The Cambridge Platform of 1646, which was drafted by his father, and the Confession of 1680, for which Increase was largely responsible, were later printed together as a book of "doctrine and government" for the churches of Massachusetts.

Defending Massachusetts

He published in 1676 [A Brief History of the Warr with the Indians in New-England], a contemporary account of King Philip's War.

In 1683 a Quo Warranto writ was issued demanding the surrender of the Massachusetts charter, in effect depriving it of what self-government it had. Mather used all his influence to persuade the colonists not to surrender it, and the Boston freemen unanimously voted against compliance. The royal agents immediately sent to London a letter containing treasonous statements falsely attributed to Mather, who escaped punishment.

He became a leader in the opposition to Sir Edmund Andros, to his secretary Edward Randolph, and to Governor Joseph Dudley, publishing A Narrative of the Miseries of New-England, By Reason of an Arbitrary Government Erected there Under Sir Edmund Andros (1688), and: A Brief Relation for the Confirmation of Charter Privileges (1691), and other pamphlets.
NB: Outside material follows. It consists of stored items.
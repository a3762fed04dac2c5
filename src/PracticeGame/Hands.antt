-- ===== src/PracticeGame/Hands.antt =====
-- The rows of a hand: made when it starts, and written when it is finished or its room ends.
pub mod Results
use Prim.Native.String.{String}
use text.Mathlib.Text.{◌==◌ as str_eq}
use allinle.Prelude.{
  ℕ, suc, zero, ◌+◌, Bool, true, false, ◌&&◌, ◌||◌, not, List, [], ◌∷◌, ◌++◌, map, flat_map, Option,
  none, some, find, filter, contains, ltb, ◌==◌, if◌then◌else◌, length, sort_by, max, leb,
  map_result, Result, ok, err, ◌>>=◌,
}
use allinle.Prelude.Int.{ℤ, pos, ◌-ℤ◌, ltb_ℤ}
use allinle.Cards.{Card}
use allinle.Types.{
  Player, GameState, GameStatus, GameAction, PlayerStatus, Street, ActionType, WinReason,
  by_showdown, WinnerInfo, PotResult, PotWinner,
}
use allinle.Evaluator.{EvaluatedHand, evaluate_seven_cards}
use allinle.Game.Seats.{BlindSeats, resolve_blind_seats}
use allinle.Game.Start.{PlayerInput, GameInput, create_initial_game_state, name_or}
use allinle.Game.Rounds.{Event, street_changed}
use allinle.PracticeRoom.{BotLevel, beginner, advanced, bot_name, shown_name}
use allinle.PracticeGame.{
  RoomSeat, RoomForGame, PracticeHand, PracticeHandStatus, finished, HandPlayer, FinalStatus,
  winner, lost, room_ended, still, HandOutcome, won, ended, Games, GameError, engine_error,
  from_engine, update_row, has_room_id, has_hand_id, is_at,
}
pub use Results.{
  level_text, level_texts, text_or_none, pots_of, has_folded, is_all_in, net, is_by_showdown,
  best_cards, hand_player_dealt,
}
unfoldable pub use Results.{
  to_bot_level, final_status, shown_hand, hand_player_result, hand_player_aborted,
}

unfoldable pub persist_actions : Games → String → List GameAction → Result GameError Games
unfolding update_row
persist_actions s hand_id [] = ok s
persist_actions s hand_id (a ∷ as') =
    update_row (has_hand_id hand_id) (λ h. record h { actions = h.actions ++ a ∷ as' }) s.hands
    >>= λ hands. ok (record s { hands = hands })

abbrev pub system_action : ActionType → ℕ → Street → String → GameAction
system_action type amount street now = record {
  seat_no = 0;
  user_id = none;
  action_type = type;
  amount = amount;
  street = street;
  created_at = now;
}

abbrev pub is_finished : GameStatus → Bool
is_finished GameStatus.hand_finished = true
is_finished _ = false

abbrev pub is_street_changed : Event → Bool
is_street_changed street_changed = true
is_street_changed _ = false

unfoldable pub finished_system_actions : GameState → String → List GameAction
unfolding flat_map
finished_system_actions state now =
    system_action ActionType.showdown state.pot Street.showdown now
    ∷ flat_map
        (λ (pot : PotResult).
          map
            (λ (w : PotWinner). record {
              seat_no = w.seat_no;
              user_id = w.user_id;
              action_type = ActionType.win;
              amount = w.amount_won;
              street = Street.showdown;
              created_at = now;
            })
            pot.winners)
        (pots_of state.winner_info)

-- `upsert` on the key of the hand and the seat: a row that is there keeps its user and its first chips,
-- and the columns that a write does not name, as `merge` says.
unfoldable pub upsert_player :
    (HandPlayer → HandPlayer → HandPlayer) → HandPlayer → List HandPlayer → List HandPlayer
upsert_player merge row [] = row ∷ []
upsert_player merge row (old ∷ rows) =
    if old.seat_no == row.seat_no then merge old row ∷ rows else old ∷ upsert_player merge row rows

-- A finished hand writes every column, but the best cards only if a hand is shown.
abbrev pub merge_finished : HandPlayer → HandPlayer → HandPlayer
merge_finished old row = record row {
  user_id = old.user_id;
  start_chips = old.start_chips;
  best_five_cards = elim row.best_five_cards [ [] ↦ old.best_five_cards | _ ↦ row.best_five_cards ];
}

abbrev pub merge_aborted : HandPlayer → HandPlayer → HandPlayer
merge_aborted old row = record row {
  user_id = old.user_id;
  start_chips = old.start_chips;
  showdown = old.showdown;
  hand_rank_category = old.hand_rank_category;
  hand_rank_description = old.hand_rank_description;
  best_five_cards = old.best_five_cards;
}

-- The chips of the players go to the seats of the room, one write for each.
unfoldable pub write_seats : List Player → List RoomSeat → Result GameError (List RoomSeat)
unfolding update_row
write_seats [] seats = ok seats
write_seats (p ∷ ps) seats =
    update_row (is_at p.seat_no) (λ seat. record seat { chips = p.chips }) seats >>= λ rest.
    write_seats ps rest

-- The rows of a room by its identifier; without one, no seat is there to write to.
unfoldable pub persist_chips :
    String → List Player → List RoomForGame → Result GameError (List RoomForGame)
unfolding write_seats
persist_chips id ps [] = write_seats ps [] >>= λ _. ok []
persist_chips id ps (r ∷ rs) =
    let rest = persist_chips id ps rs in
    if has_room_id id r
    then (write_seats ps r.players >>= λ seats. ok (record r { players = seats } ∷ rs))
    else (rest >>= λ qs. ok (r ∷ qs))

unfoldable pub persist_players :
    (HandPlayer → HandPlayer → HandPlayer) → List HandPlayer → List HandPlayer → List HandPlayer
unfolding upsert_player
persist_players merge [] rows = rows
persist_players merge (p ∷ ps) rows = persist_players merge ps (upsert_player merge p rows)

abbrev pub closed_hand : GameState → HandOutcome → String → PracticeHand → PracticeHand
closed_hand state outcome now h = record h {
  status = finished;
  board_cards = state.board_cards;
  pot_size = state.pot;
  winner_info = some outcome;
  ended_at = some now;
}

unfoldable pub persist_finished_hand : Games → GameState → String → Result GameError Games
unfolding persist_actions persist_chips persist_players hand_player_result finished_system_actions
persist_finished_hand s state now = do
  closed ←
      update_row (has_hand_id state.hand_id) (closed_hand state (won state.winner_info) now) s.hands
  rooms ← persist_chips state.room_id state.players s.rooms
  rows ← map_result (λ p. hand_player_result p state) state.players
  hands ←
      update_row (has_hand_id state.hand_id)
        (λ h. record h { players = persist_players merge_finished rows h.players }) closed
  persist_actions (record s { rooms = rooms; hands = hands }) state.hand_id
      (finished_system_actions state now)

unfoldable pub persist_aborted_hand : Games → GameState → String → Result GameError Games
persist_aborted_hand s state now = do
  closed ←
      update_row (has_hand_id state.hand_id)
        (closed_hand state (ended state.board_cards state.pot) now) s.hands
  rooms ← persist_chips state.room_id state.players s.rooms
  hands ←
      update_row (has_hand_id state.hand_id)
        (λ h. record h {
          players = persist_players merge_aborted (map hand_player_aborted state.players) h.players;
        })
        closed
  ok (record s { rooms = rooms; hands = hands })

abbrev pub seat_input : RoomSeat → PlayerInput
seat_input p = record {
  user_id = p.user_id;
  seat_no = p.seat_no;
  nickname = some (name_or p.user_nickname (if p.is_bot then bot_name p.bot_level else "成员"));
  is_bot = p.is_bot;
  bot_level = level_texts p.bot_level;
  chips = p.chips;
}

-- What the database, the clock and the shuffle give to a new hand.
pub record Dealing : Type 0 where
  pub hand_id : String
  pub now : String
  pub draw : ℕ → ℕ

abbrev pub active_seats : RoomForGame → List ℕ
active_seats room = map (λ (p : RoomSeat). p.seat_no) (filter (λ p. ltb 0 p.chips) room.players)

abbrev pub new_hand : RoomForGame → ℕ → BlindSeats → Dealing → PracticeHand
new_hand room hand_no blinds dealing = record {
  id = dealing.hand_id;
  room_id = room.id;
  hand_no = hand_no;
  dealer_seat = blinds.dealer_seat;
  small_blind_seat = blinds.small_blind_seat;
  big_blind_seat = blinds.big_blind_seat;
  board_cards = [];
  pot_size = 0;
  winner_info = none;
  status = PracticeHandStatus.playing;
  ended_at = none;
  players = [];
  actions = [];
}

abbrev pub hand_input : RoomForGame → ℕ → BlindSeats → Dealing → GameInput
hand_input room hand_no blinds dealing = record {
  room_id = room.id;
  room_code = room.room_code;
  hand_id = dealing.hand_id;
  hand_no = hand_no;
  small_blind = room.small_blind;
  big_blind = room.big_blind;
  players = map seat_input room.players;
  dealer_seat = some blinds.dealer_seat;
  deck = none;
}

unfoldable pub create_and_persist_hand :
    Games → RoomForGame → ℕ → ℕ → Dealing → Result GameError (Games × GameState)
create_and_persist_hand s room hand_no dealer_seat dealing = do
  blinds ←
      from_engine engine_error (resolve_blind_seats (sort_by leb (active_seats room)) dealer_seat)
  state ←
      from_engine engine_error (
        create_initial_game_state (hand_input room hand_no blinds dealing) dealing.draw dealing.now)
  let row : PracticeHand = record (new_hand room hand_no blinds dealing) {
    players = map hand_player_dealt state.players;
  }
  dealt ←
      persist_actions (record s { hands = s.hands ++ row ∷ [] }) state.hand_id state.action_history
  saved ←
      if is_finished state.status then persist_finished_hand dealt state dealing.now else ok dealt
  ok (saved, state)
He was active in influencing the British House of Commons to vote in 1689 to restore the charters of the New England colonies, in effect repudiating Andros.
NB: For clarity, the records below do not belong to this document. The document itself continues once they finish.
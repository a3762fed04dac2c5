-- ===== src/PracticeGame/Calls.antt =====
-- The calls of the service that change a hand.
use Prim.Native.String.{String}
use text.Mathlib.Text.{◌==◌ as str_eq}
use allinle.Prelude.{
  ℕ, suc, ◌+◌, Bool, true, false, ◌||◌, not, List, [], ◌∷◌, map, Option, none, some, find, filter,
  any, ltb, leb, ◌==◌, if◌then◌else◌, length, get_or, sort_by, max, Result, ok, err, throw_if,
  or_throw, ◌>>=◌, ◌>>◌,
}
use allinle.Types.{Player, GameState, GameStatus, ActionType, is_playing}
use allinle.Game.Legal.{is_turn}
use allinle.Game.Seats.{next_dealer_seat}
use allinle.Game.Bets.{Amount, Choice}
use allinle.Game.Rounds.{Event, ActionResult, apply_game_action}
use allinle.Game.Views.{is_user}
use allinle.PracticeRoom.{PracticeRoomStatus}
use allinle.PracticeGame.{
  RoomSeat, RoomForGame, PracticeHand, Games, GameError, not_your_turn, not_this_seat, not_a_bot,
  illegal_action, hand_not_finished, from_engine, update_row, has_room_id, get_room,
  assert_room_owner, assert_room_member, assert_room_ready_to_start, get_state, require_state,
  save_state, delete_state, clear_bot_timer, schedule_bot_turn,
}
use allinle.PracticeGame.Hands.{
  Dealing, persist_actions, system_action, is_finished, is_street_changed, persist_finished_hand,
  persist_aborted_hand, create_and_persist_hand,
}

-- The player whose turn it is, if there is one and it is this seat's.
unfoldable pub current_player : GameState → ℕ → GameError → Result GameError Player
current_player state seat e = do
  p ← or_throw (find (λ (p : Player). is_turn state.current_turn_seat p.seat_no) state.players) e
  throw_if (not (p.seat_no == seat)) e
  ok p

-- `currentPlayer.userId || actorUserId || null`; a user's identifier is not empty.
abbrev pub actor_of : Option String → Option String → Option String
actor_of none actor = actor
actor_of (some String.[]) actor = actor
actor_of user actor = user

-- A user acts for himself, and nobody acts for a bot only.
abbrev pub wrong_actor : Option String → Player → Option GameError
wrong_actor (some actor) p = if is_user actor p.user_id then none else some not_your_turn
wrong_actor none p = if p.is_bot then none else some not_a_bot

abbrev pub assert_actor : Option String → Player → Result GameError (Unit {0})
assert_actor actor p = elim (wrong_actor actor p) [ none ↦ ok tt | some e ↦ err e ]

unfoldable pub persist_system_actions_for_events :
    Games → GameState → List Event → String → Result GameError Games
persist_system_actions_for_events s state events now =
    if not (any is_street_changed events) || is_finished state.status
    then ok s
    else persist_actions s state.hand_id
        (system_action ActionType.deal (length state.board_cards) state.street now ∷ [])

-- What follows a hand's new state: the rows of a finished hand, or the turn of a bot.
unfoldable pub after_action : Games → String → GameState → String → Result GameError Games
after_action s code state now =
    if is_finished state.status
    then (persist_finished_hand s state now >>= λ t. ok (clear_bot_timer t code))
    else (if is_playing state.status then ok (schedule_bot_turn s code) else ok s)

unfoldable pub apply_seat_action :
    Games
    → String
    → ℕ
    → Choice
    → Amount
    → Option String
    → String
    → Result GameError (Games × ActionResult)
apply_seat_action s code seat type amount actor now = do
  state ← require_state s code
  p ← current_player state seat not_this_seat
  assert_actor actor p
  result ← from_engine illegal_action (
      apply_game_action state
        (record {
          seat_no = seat;
          user_id = actor_of p.user_id actor;
          action_type = type;
          amount = amount;
        })
        now)
  logged ← persist_actions s result.state.hand_id (result.applied_action ∷ [])
  dealt ← persist_system_actions_for_events logged result.state result.events now
  t ← after_action dealt code result.state now
  ok (save_state t result.state, result)

unfoldable pub apply_action :
    Games → String → String → Choice → Amount → String → Result GameError (Games × ActionResult)
apply_action s user code type amount now = do
  room ← get_room s code
  seat ← assert_room_member room user
  state ← require_state s code
  _ ← current_player state seat.seat_no not_your_turn
  apply_seat_action s code seat.seat_no type amount (some user) now

unfoldable pub next_hand_no : List PracticeHand → String → ℕ
next_hand_no [] id = 1
next_hand_no (h ∷ hs) id =
    let rest = next_hand_no hs id in if str_eq h.room_id id then max (suc h.hand_no) rest else rest

abbrev pub begins : String → RoomForGame → RoomForGame
begins now r = record r {
  status = PracticeRoomStatus.playing;
  started_at = elim r.started_at [ none ↦ some now | some t ↦ some t ];
}

-- A state whose hand is played or finished.
abbrev pub is_going_on : GameStatus → Bool
is_going_on GameStatus.room_finished = false
is_going_on _ = true

abbrev pub going_on : Option GameState → Bool
going_on none = false
going_on (some g) = is_going_on g.status

abbrev pub first_seat : RoomForGame → ℕ
first_seat room =
    get_or
      (sort_by leb (map (λ (p : RoomSeat). p.seat_no) (filter (λ p. ltb 0 p.chips) room.players))) 0
      0

-- A hand that is played or finished is shown to the members; else the owner starts the first.
unfoldable pub start_first_hand : Games → String → String → Dealing → Result GameError Games
unfolding sort_by
start_first_hand s user code dealing =
    if going_on (get_state s.states code)
    then (get_room s code >>= λ room. assert_room_member room user >>= λ _. ok s)
    else (do
      room ← get_room s code
      assert_room_owner room user
      assert_room_ready_to_start room
      dealt ←
          create_and_persist_hand s room (next_hand_no s.hands room.id) (first_seat room) dealing
      rooms ← update_row (has_room_id room.id) (begins dealing.now) dealt.0.rooms
      ok (schedule_bot_turn (save_state (record (dealt.0) { rooms = rooms }) (dealt.1)) code))

abbrev pub finishes : String → RoomForGame → RoomForGame
finishes now r = record r { status = PracticeRoomStatus.finished; ended_at = some now }

abbrev pub closed_state : GameState → String → GameState
closed_state g now = record g {
  status = GameStatus.room_finished;
  current_turn_seat = none;
  updated_at = now;
}

-- `nextPlayer?.chips ?? roomPlayer.chips`
abbrev pub refreshed_seat : List Player → RoomSeat → RoomSeat
refreshed_seat players seat = elim (find (λ (p : Player). p.seat_no == seat.seat_no) players) [
  | none ↦ seat
  | some p ↦ record seat { chips = p.chips }
]

unfoldable pub next_hand : Games → String → String → Dealing → Result GameError Games
next_hand s user code dealing = do
  room ← get_room s code
  assert_room_owner room user
  previous ← require_state s code
  throw_if (not (is_finished previous.status)) hand_not_finished
  elim (next_dealer_seat previous.players previous.dealer_seat) [
    | none ↦ update_row (has_room_id room.id) (finishes dealing.now) s.rooms >>= λ rooms. ok (
        clear_bot_timer
          (save_state (record s { rooms = rooms }) (closed_state previous dealing.now)) code)
    | some dealer ↦
        create_and_persist_hand s
          (record room { players = map (refreshed_seat previous.players) room.players })
          (previous.hand_no + 1) dealer dealing
        >>= λ dealt.
            update_row (has_room_id room.id) (λ r. record r { status = PracticeRoomStatus.playing })
              dealt.0.rooms
            >>= λ rooms.
                ok (
                  schedule_bot_turn (save_state (record (dealt.0) { rooms = rooms }) (dealt.1))
                    code)
  ]

-- The hand in play, if there is one, is given up.
unfoldable pub abort_hand : Games → Option GameState → String → Result GameError Games
abort_hand s none now = ok s
abort_hand s (some g) now = if is_playing g.status then persist_aborted_hand s g now else ok s

unfoldable pub end_room : Games → String → String → String → Result GameError Games
end_room s user code now = do
  room ← get_room s code
  assert_room_owner room user
  aborted ← abort_hand s (get_state s.states code) now
  rooms ← update_row (has_room_id room.id) (finishes now) aborted.rooms
  ok (delete_state (clear_bot_timer (record aborted { rooms = rooms }) code) code)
He was chosen by the General Court to represent the colony's interests in England, eluded officers sent to arrest him, and in disguise boarded a ship to Weymouth. Arriving on May 6, 1688, he went to London. There he met with Sir Henry Ashurst, the resident agent, and had two or three fruitless audiences with James II. His first audience with William III was on January 9, 1689.
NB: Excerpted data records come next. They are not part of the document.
-- ===== src/PracticeGame/Chips.antt =====
-- Where the chips of a room are: at its seats between hands, and in the state while a hand is played.
pub mod Actions
pub mod Rooms
pub mod Starts
use Prim.Native.String.{String}
use allinle.Prelude.{
  ℕ, suc, zero, ◌+◌, ◌≡◌, ◌≢◌, refl, sym, ap, ap₂, ◌∙◌, subst, Bool, true, false, ◌||◌, not, List,
  [], ◌∷◌, ◌++◌, map, Option, none, some, find, contains, any, ◌==◌, ==→eq, ==_refl, if◌then◌else◌,
  sum_of, arith, Bool-cases, inl, inr, map_result, Result, ok, err, throw_if, or_throw, ◌>>=◌,
  Ensures, good, failed, Ensures-guard, Ensures-bind, Ensures-if, Ensures-value, ensured, >>=-eq-ok,
  ok_injective,
}
use allinle.Prelude.Sorted.{Distinct}
use allinle.Types.{Player, GameState, GameStatus, GameAction, is_playing}
use allinle.Game.Seats.Players.{seats_of, chips_in_hand, stakes, hands_of-seats}
use allinle.Game.Rounds.{Event}
use allinle.PracticeGame.{
  RoomSeat, RoomForGame, Games, GameError, PracticeHand, update_row, is_at, has_room_id,
  has_hand_id,
}
use allinle.PracticeGame.Hands.{
  write_seats, persist_chips, persist_actions, persist_finished_hand, persist_aborted_hand,
  persist_players, merge_finished, merge_aborted, hand_player_aborted, hand_player_result,
  finished_system_actions, closed_hand, is_finished,
}

abbrev pub chips_of : Option RoomSeat → ℕ
chips_of none = 0
chips_of (some seat) = seat.chips

-- The chips that the room has for a seat, and for some seats together.
abbrev pub chips_at : List RoomSeat → ℕ → ℕ
chips_at seats k = chips_of (find (is_at k) seats)

abbrev pub chips_at_all : List RoomSeat → List ℕ → ℕ
chips_at_all seats ks = sum_of (chips_at seats) ks

-- The row of each player's seat has the chips that he has in hand.
abbrev pub Seated : List Player → List RoomSeat → Type 0
Seated [] seats = Unit
Seated (p ∷ ps) seats = (chips_at seats p.seat_no ≡ p.chips) × Seated ps seats

Seated-sum :
    (ps : List Player) (seats : List RoomSeat)
    → Seated ps seats
    → chips_at_all seats (seats_of ps) ≡ chips_in_hand ps
Seated-sum [] seats h = refl
Seated-sum (p ∷ ps) seats (e, h) = ap₂ ◌+◌ e (Seated-sum ps seats h)

abbrev set_chips : ℕ → RoomSeat → RoomSeat
set_chips n seat = record seat { chips = n }

-- A write to one seat.
record Wrote (k n : ℕ) (before after : List RoomSeat) : Type 0 where
  here : chips_at after k ≡ n
  elsewhere : (j : ℕ) → j ≢ k → chips_at after j ≡ chips_at before j

set_chips-Wrote :
    (k n : ℕ) (seats : List RoomSeat)
    → Ensures (Wrote k n seats) (update_row (is_at k) (set_chips n) seats)
unfolding update_row
set_chips-Wrote k n [] = failed
set_chips-Wrote k n (x ∷ xs) = elim (Bool-cases (is_at k x)) [
  | inl b ↦ rw b (good (record { here = rw b refl; elsewhere = λ j ne. ground (arith, ne) }))
  | inr b ↦ rw b (
      Ensures-bind (update_row (is_at k) (set_chips n) xs) _ λ ys e.
        let w = Ensures-value (set_chips-Wrote k n xs) e in
        good (record {
          here = rw b w.here;
          elsewhere = λ j ne. elim (Bool-cases (is_at j x)) [
            | inl c ↦ rw c refl
            | inr c ↦ rw c (w.elsewhere j ne)
          ];
        }))
]

-- After all writes each of the players' seats has his chips, and the other seats have theirs.
record WroteAll (ps : List Player) (before after : List RoomSeat) : Type 0 where
  here : Seated ps after
  elsewhere : (j : ℕ) → contains j (seats_of ps) ≡ false → chips_at after j ≡ chips_at before j

write_seats-WroteAll :
    (ps : List Player) (seats : List RoomSeat)
    → Distinct (seats_of ps)
    → Ensures (WroteAll ps seats) (write_seats ps seats)
unfolding write_seats
write_seats-WroteAll [] seats d = good (record { here = tt; elsewhere = λ j c. refl })
write_seats-WroteAll (p ∷ ps) seats d =
    Ensures-bind (update_row (is_at p.seat_no) (set_chips p.chips) seats) _ λ rest e.
      let w = Ensures-value (set_chips-Wrote p.seat_no p.chips seats) e in
      ensured (write_seats ps rest) λ after f.
        let v = Ensures-value (write_seats-WroteAll ps rest d.1) f in
        record {
          here = (v.elsewhere p.seat_no d.0 ∙ w.here, v.here);
          elsewhere = λ j c. v.elsewhere j (ground arith) ∙ w.elsewhere j (λ q. ground (arith, q));
        }

-- The room after the writes of a hand's chips.
pub record Stored (id : String) (ps : List Player) (r : RoomForGame) (rooms : List RoomForGame)
    : Type 0 where
  pub seats : List RoomSeat
  pub found : find (has_room_id id) rooms ≡ some (record r { players = seats })
  pub written : Seated ps seats
  pub sum : chips_at_all seats (seats_of ps) ≡ chips_in_hand ps

persist_chips-Stored :
    (id : String) (ps : List Player) (rooms : List RoomForGame) (r : RoomForGame)
    → Distinct (seats_of ps)
    → find (has_room_id id) rooms ≡ some r
    → Ensures (Stored id ps r) (persist_chips id ps rooms)
unfolding persist_chips
persist_chips-Stored id ps [] r d e = cc
persist_chips-Stored id ps (x ∷ rooms) r d e = elim (Bool-cases (has_room_id id x)) [
  | inl b ↦
      let same : x ≡ r = ground arith in
      rw b (
        subst
          (λ y.
            Ensures (Stored id ps y)
              (write_seats ps x.players >>= λ seats. ok (record x { players = seats } ∷ rooms)))
          same
          (Ensures-bind (write_seats ps x.players) _ λ seats f. good (record {
            seats = seats;
            found = rw b refl;
            written = (Ensures-value (write_seats-WroteAll ps x.players d) f).here;
            sum = Seated-sum ps seats (Ensures-value (write_seats-WroteAll ps x.players d) f).here;
          })))
  | inr b ↦ rw b (
      Ensures-bind (persist_chips id ps rooms) _ λ qs f.
        let k = Ensures-value (persist_chips-Stored id ps rooms r d (ground arith)) f in
        good (record { seats = k.seats; found = rw b k.found; written = k.written; sum = k.sum }))
]

pub persist_actions-rooms :
    (s : Games) (id : String) (as' : List GameAction)
    → Ensures (λ t. t.rooms ≡ s.rooms) (persist_actions s id as')
unfolding persist_actions
persist_actions-rooms s id [] = good refl
persist_actions-rooms s id (a ∷ as') =
    Ensures-bind (update_row (has_hand_id id) _ s.hands) _ λ _ _. good refl

module _ (s : Games) (g : GameState) (now : String) (r : RoomForGame)
    (d : Distinct (seats_of g.players)) (e : find (has_room_id g.room_id) s.rooms ≡ some r) where
  pub persist_finished_hand-Stored :
      Ensures (λ (t : Games). Stored g.room_id g.players r t.rooms) (persist_finished_hand s g now)
  unfolding persist_finished_hand
  persist_finished_hand-Stored =
      Ensures-bind (update_row (has_hand_id g.hand_id) _ s.hands) _ λ closed _.
        Ensures-bind (persist_chips g.room_id g.players s.rooms) _ λ rooms f.
          Ensures-bind (map_result (λ p. hand_player_result p g) g.players) _ λ rows _.
            Ensures-bind (update_row (has_hand_id g.hand_id) _ closed) _ λ hands _.
              let t : Games = record s { rooms = rooms; hands = hands } in
              ensured (persist_actions t g.hand_id (finished_system_actions g now)) λ u h.
                subst (Stored g.room_id g.players r)
                  (sym (
                    Ensures-value
                      (persist_actions-rooms t g.hand_id (finished_system_actions g now)) h))
                  (Ensures-value (persist_chips-Stored g.room_id g.players s.rooms r d e) f)

  pub persist_aborted_hand-Stored :
      Ensures (λ (t : Games). Stored g.room_id g.players r t.rooms) (persist_aborted_hand s g now)
  unfolding persist_aborted_hand
  persist_aborted_hand-Stored =
      Ensures-bind (update_row (has_hand_id g.hand_id) _ s.hands) _ λ closed _.
        Ensures-bind (persist_chips g.room_id g.players s.rooms) _ λ rooms f.
          Ensures-bind (update_row (has_hand_id g.hand_id) _ closed) _ λ hands _.
            good (Ensures-value (persist_chips-Stored g.room_id g.players s.rooms r d e) f)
In 1690 he was joined in England by Elisha Cooke (1638-1715) and Thomas Oakes (1644-1719), additional agents, who were uncompromisingly for the renewal of the old charter. Mather, however, was instrumental in securing a new charter (signed on October 7, 1691), and prevented the loss of the Plymouth Colony to New York. The nomination of officers left to the Crown was reserved to the agents. Mather had expressed strong dissatisfaction with the clause giving the governor the right of veto and regretted the less theocratic tone of the charter which made all freemen (and not merely church members) voters. With Sir William Phips, the new Governor and a member of Mather's church, he arrived in Boston on May 14, 1692. The value of his services to the colony at this time is not easily over-estimated. In England he won the friendship of Richard Baxter, John Tillotson and Thomas Burnet, and effectively promoted the union in 1691 of English Presbyterians and Congregationalists. He incurred heavy expenses throughout his stay, and even greater than his financial loss was the loss of authority and control in the church and at Harvard during his absence. His trip abroad may be compared with Benjamin Franklin's, whose mission resembled Mather's, although Franklin's ultimately failed.

President of Harvard

Mather had been acting president of Harvard College in 1681-1682, and in June 1685 he again became acting president (or rector), but still preached every Sunday in Boston and would not comply with an order of the General Court that he should reside in Cambridge. In 1701 after a short residence there he returned to Boston and requested the General Court appoint a new president. Having been faced with increasing opposition, his resignation was accepted, and Samuel Willard took charge of the college as vice-president, although he also refused to reside in Cambridge. Mather's administration was praised by Josiah Quincy III, in his History of Harvard University.

His personality

Like the most learned men of his time he was superstitious and a firm believer in presageful impressions; his Essay for the Recording of Illustrious Providences: Wherein an Account is Given of many Remarkable and very Memorable Events which have Hapned in this Last Age, Especially in New England (1684) shows that he believed only less thoroughly than his son in witchcraft, though in his Cases of Conscience Concerning Evil Spirits (1693) he considered some current proofs of witchcraft inadequate. The revulsion of feeling after the Salem witch trials undermined his authority greatly, and Roberts Calef's More Wonders of the Spiritual World (1700) was a personal blow to him as well as to his son.

Legacy

Mather House at Harvard, which opened in 1970, was named in his honor.